Work request:
Only the number is needed: how many lines of the entries below contain the word "same".

Extracted data:
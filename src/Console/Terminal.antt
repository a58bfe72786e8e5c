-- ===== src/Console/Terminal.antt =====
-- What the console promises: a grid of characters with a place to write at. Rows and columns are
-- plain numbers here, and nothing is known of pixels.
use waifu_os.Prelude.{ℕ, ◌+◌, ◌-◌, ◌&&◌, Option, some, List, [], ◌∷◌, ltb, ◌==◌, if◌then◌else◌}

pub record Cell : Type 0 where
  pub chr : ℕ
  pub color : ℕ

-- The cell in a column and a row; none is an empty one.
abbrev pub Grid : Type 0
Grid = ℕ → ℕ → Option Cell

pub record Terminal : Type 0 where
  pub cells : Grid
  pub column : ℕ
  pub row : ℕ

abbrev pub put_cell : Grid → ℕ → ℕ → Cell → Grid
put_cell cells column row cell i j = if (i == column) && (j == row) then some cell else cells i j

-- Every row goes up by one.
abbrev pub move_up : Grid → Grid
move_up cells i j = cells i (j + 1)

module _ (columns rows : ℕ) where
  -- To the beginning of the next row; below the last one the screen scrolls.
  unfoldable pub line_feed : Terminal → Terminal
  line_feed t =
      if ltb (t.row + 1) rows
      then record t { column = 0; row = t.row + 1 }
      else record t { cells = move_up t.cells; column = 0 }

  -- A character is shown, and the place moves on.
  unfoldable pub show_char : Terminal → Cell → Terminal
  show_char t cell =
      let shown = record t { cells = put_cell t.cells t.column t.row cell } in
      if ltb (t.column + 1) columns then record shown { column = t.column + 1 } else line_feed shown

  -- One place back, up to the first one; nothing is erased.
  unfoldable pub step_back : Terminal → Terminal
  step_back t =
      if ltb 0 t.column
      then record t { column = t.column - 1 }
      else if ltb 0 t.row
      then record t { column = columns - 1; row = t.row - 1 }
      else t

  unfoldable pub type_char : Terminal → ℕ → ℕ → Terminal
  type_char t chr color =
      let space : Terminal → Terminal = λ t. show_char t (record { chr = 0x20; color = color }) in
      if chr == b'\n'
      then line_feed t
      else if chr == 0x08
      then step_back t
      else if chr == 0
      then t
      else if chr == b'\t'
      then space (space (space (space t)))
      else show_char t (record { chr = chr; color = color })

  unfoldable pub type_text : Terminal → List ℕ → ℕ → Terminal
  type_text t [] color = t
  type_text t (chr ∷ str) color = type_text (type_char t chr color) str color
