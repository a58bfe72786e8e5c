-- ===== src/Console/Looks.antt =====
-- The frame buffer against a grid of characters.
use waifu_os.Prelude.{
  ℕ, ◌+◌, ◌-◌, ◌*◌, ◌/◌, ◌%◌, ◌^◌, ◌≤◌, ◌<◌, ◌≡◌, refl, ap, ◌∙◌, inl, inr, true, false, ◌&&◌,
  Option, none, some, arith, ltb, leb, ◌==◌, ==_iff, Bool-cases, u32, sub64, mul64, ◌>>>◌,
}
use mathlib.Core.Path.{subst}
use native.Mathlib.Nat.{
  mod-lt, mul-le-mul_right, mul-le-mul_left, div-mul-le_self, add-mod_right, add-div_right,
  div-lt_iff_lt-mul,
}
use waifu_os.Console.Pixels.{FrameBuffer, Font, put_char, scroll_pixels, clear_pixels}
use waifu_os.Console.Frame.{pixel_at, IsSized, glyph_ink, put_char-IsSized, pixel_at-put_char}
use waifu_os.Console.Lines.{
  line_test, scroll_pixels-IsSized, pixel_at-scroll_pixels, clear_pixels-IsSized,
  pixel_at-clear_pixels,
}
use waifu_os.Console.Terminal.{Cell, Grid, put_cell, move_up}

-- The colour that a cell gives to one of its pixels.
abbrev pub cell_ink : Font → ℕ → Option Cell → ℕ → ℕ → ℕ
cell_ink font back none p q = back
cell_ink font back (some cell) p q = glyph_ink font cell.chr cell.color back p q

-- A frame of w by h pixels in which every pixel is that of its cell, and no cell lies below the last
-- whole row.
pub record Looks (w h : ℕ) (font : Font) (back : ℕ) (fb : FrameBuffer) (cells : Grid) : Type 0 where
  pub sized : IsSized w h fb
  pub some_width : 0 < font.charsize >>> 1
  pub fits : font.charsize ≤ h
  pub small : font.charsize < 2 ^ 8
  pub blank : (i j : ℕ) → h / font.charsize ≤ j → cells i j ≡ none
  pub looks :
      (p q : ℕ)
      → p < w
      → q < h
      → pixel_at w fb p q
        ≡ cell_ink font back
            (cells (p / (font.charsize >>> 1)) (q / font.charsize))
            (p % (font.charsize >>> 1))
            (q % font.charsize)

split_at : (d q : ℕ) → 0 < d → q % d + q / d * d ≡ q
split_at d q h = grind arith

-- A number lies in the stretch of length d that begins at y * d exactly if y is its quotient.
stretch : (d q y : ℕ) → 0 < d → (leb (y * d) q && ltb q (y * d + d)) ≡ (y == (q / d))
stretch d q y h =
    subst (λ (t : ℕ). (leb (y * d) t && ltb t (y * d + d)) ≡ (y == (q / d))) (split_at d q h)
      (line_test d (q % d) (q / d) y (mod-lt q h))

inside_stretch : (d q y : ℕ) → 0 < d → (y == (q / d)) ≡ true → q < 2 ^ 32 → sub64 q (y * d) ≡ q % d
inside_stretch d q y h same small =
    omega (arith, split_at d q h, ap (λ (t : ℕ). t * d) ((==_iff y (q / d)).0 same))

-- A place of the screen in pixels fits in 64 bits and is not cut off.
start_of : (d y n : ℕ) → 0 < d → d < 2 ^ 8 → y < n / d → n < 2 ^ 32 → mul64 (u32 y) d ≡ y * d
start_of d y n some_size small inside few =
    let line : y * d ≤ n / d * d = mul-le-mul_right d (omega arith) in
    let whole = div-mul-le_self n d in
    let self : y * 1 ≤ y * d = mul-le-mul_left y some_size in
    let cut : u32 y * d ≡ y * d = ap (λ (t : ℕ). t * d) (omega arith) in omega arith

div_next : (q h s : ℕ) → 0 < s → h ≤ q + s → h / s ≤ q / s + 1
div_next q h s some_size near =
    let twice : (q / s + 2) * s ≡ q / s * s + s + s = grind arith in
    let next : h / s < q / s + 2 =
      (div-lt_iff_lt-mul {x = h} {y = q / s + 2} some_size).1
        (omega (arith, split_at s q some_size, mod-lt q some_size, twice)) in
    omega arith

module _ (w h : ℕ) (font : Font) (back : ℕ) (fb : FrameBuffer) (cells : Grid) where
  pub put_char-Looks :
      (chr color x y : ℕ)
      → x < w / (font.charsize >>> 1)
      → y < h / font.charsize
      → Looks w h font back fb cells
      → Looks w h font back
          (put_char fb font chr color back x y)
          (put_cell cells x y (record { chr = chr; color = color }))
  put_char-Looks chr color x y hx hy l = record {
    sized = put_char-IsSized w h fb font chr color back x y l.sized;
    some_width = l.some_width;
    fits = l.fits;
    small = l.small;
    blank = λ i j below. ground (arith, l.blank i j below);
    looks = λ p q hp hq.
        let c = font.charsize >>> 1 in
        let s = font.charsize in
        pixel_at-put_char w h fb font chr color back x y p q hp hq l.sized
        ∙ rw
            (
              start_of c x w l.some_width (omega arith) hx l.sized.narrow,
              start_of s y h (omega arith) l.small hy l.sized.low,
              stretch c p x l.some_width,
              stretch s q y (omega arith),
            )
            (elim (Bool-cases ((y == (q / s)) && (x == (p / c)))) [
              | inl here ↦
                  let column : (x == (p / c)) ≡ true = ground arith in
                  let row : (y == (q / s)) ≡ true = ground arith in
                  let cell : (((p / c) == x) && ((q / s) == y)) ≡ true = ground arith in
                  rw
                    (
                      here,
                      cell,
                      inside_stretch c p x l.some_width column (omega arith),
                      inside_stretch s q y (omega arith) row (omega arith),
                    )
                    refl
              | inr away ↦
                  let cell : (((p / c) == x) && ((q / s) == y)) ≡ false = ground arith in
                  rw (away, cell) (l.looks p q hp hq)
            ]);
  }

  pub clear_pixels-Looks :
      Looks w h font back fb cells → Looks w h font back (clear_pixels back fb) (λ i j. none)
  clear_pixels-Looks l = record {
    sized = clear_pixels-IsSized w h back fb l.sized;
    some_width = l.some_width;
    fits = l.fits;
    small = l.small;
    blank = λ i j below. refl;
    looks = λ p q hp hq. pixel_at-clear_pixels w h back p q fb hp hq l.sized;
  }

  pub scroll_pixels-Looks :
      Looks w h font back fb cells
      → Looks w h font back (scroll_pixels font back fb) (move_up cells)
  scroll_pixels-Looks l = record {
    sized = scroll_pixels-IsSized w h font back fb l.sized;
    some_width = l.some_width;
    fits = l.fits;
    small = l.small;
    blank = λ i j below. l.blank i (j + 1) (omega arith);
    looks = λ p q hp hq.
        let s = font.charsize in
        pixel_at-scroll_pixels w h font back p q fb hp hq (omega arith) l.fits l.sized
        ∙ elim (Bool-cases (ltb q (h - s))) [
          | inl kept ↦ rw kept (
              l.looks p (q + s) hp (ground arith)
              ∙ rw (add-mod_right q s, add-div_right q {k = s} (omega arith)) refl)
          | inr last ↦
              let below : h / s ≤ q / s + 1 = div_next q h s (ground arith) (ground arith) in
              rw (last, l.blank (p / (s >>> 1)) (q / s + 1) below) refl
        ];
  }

Answer section:
2